THE PROBLEM –
Check the material that follows and say how many lines include the string "IsVisit", giving the number alone.

___ RECORDS SHOWN ___

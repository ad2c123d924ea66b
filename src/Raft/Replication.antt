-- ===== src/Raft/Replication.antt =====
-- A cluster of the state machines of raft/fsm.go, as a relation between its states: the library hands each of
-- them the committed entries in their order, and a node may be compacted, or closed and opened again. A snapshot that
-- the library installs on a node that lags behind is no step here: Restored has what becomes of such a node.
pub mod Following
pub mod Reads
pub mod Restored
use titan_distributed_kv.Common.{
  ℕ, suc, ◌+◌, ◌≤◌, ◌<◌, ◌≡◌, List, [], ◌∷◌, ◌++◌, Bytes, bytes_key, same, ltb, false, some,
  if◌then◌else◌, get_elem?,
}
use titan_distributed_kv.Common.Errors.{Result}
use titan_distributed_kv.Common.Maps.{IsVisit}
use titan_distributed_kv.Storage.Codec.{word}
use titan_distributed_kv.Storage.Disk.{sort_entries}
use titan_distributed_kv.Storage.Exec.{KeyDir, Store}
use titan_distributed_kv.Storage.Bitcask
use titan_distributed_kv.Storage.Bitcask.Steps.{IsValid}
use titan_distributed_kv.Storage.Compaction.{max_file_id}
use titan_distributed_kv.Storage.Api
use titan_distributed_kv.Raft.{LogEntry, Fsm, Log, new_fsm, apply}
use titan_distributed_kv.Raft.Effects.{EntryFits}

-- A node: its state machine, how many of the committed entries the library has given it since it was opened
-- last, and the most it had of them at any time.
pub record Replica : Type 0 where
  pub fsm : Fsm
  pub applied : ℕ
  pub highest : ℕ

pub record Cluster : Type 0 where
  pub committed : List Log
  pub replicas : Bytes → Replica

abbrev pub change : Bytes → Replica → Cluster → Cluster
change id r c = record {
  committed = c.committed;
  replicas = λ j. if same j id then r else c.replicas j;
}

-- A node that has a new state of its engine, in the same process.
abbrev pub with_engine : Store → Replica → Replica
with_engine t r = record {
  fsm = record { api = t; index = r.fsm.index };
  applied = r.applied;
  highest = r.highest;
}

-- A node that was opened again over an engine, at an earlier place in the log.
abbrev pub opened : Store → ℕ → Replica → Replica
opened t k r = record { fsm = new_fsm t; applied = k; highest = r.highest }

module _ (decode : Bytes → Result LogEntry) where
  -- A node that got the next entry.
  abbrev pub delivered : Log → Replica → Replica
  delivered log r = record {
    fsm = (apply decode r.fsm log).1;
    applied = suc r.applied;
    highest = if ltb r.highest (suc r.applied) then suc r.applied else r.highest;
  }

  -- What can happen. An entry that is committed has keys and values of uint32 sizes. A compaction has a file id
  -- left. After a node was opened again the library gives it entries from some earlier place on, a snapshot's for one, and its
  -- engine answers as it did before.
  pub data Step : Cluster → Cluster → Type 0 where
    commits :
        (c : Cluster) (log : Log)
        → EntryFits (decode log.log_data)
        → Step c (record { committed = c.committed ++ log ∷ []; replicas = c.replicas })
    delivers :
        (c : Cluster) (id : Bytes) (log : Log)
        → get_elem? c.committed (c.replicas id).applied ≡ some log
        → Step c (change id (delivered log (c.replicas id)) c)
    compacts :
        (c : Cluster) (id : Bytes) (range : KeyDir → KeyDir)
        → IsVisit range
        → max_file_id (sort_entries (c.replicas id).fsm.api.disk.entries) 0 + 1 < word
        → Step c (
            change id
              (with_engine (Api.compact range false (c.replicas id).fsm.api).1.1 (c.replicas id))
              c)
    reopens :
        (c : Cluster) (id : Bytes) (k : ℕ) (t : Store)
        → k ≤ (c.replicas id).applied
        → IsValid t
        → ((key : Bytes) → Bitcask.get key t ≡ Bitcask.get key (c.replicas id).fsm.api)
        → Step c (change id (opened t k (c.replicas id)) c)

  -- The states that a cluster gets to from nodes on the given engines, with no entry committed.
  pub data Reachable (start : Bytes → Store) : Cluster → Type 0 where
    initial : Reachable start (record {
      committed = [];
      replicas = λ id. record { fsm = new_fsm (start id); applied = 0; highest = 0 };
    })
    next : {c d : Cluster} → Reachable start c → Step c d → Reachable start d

___

EXPECTED OUTPUT –
2